- **Your goal**:
In the data below, find each line that contains the word "total" and copy it.

>>>

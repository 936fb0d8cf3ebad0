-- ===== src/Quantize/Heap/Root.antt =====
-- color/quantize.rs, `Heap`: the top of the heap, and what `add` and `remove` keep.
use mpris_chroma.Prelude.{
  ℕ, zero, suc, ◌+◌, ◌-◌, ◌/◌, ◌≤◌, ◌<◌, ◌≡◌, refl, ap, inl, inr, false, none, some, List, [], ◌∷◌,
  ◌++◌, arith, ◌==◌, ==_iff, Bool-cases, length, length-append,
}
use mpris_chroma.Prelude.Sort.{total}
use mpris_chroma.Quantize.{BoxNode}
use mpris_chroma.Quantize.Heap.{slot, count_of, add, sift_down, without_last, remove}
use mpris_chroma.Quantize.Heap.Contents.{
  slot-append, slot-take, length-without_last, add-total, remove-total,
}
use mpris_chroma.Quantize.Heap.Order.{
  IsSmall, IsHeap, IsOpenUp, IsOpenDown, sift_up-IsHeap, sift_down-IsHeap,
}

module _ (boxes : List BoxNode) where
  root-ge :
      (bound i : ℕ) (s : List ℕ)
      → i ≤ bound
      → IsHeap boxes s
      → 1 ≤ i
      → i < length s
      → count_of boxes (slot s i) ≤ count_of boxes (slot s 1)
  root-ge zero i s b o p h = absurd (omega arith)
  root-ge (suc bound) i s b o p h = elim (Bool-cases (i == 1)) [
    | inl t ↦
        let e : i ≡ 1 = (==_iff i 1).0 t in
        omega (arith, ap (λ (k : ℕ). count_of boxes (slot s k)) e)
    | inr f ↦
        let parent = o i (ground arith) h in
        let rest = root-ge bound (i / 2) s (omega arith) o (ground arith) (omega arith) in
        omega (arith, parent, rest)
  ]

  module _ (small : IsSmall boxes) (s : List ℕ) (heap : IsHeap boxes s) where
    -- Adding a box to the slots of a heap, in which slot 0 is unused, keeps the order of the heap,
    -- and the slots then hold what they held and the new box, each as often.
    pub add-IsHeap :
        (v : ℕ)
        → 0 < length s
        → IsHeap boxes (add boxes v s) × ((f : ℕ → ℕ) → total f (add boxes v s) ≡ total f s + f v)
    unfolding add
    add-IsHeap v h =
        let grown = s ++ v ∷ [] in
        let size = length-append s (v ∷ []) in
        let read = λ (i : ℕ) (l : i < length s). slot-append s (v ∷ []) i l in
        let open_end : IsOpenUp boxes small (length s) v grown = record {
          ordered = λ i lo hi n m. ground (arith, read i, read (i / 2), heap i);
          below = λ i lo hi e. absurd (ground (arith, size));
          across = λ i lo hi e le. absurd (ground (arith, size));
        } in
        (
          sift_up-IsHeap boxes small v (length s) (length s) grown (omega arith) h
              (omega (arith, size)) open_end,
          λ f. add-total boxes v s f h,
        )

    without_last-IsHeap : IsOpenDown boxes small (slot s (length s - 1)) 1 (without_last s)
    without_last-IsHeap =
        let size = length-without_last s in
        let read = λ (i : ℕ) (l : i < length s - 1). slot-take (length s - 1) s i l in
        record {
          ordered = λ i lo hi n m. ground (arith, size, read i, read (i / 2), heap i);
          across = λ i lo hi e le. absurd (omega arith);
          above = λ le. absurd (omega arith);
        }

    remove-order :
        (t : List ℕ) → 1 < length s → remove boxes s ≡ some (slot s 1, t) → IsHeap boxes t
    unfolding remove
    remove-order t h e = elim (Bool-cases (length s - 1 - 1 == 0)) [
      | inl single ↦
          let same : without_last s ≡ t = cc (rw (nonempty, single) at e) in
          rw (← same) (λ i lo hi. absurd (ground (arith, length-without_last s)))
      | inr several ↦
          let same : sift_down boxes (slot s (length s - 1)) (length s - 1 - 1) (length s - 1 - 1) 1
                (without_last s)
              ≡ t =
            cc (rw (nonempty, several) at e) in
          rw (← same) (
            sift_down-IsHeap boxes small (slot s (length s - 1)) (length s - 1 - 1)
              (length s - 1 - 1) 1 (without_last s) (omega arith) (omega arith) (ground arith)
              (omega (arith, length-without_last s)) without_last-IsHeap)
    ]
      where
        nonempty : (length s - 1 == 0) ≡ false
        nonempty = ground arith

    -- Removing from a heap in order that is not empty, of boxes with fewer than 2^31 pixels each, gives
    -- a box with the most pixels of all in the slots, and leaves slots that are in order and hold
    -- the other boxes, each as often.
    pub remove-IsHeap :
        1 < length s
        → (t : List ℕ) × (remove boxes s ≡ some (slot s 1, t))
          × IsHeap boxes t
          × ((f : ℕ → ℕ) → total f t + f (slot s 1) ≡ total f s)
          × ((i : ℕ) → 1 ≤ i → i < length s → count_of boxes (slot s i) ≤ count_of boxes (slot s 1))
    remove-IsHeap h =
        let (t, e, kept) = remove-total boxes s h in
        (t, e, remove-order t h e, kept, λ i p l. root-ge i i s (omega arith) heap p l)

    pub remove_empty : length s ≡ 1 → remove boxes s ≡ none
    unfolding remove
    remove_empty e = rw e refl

<<<

- **Solution to this problem**:
use mpris_chroma.Prelude.Sort.{total}
  slot-append, slot-take, length-without_last, add-total, remove-total,
        → IsHeap boxes (add boxes v s) × ((f : ℕ → ℕ) → total f (add boxes v s) ≡ total f s + f v)
          λ f. add-total boxes v s f h,
          × ((f : ℕ → ℕ) → total f t + f (slot s 1) ≡ total f s)
        let (t, e, kept) = remove-total boxes s h in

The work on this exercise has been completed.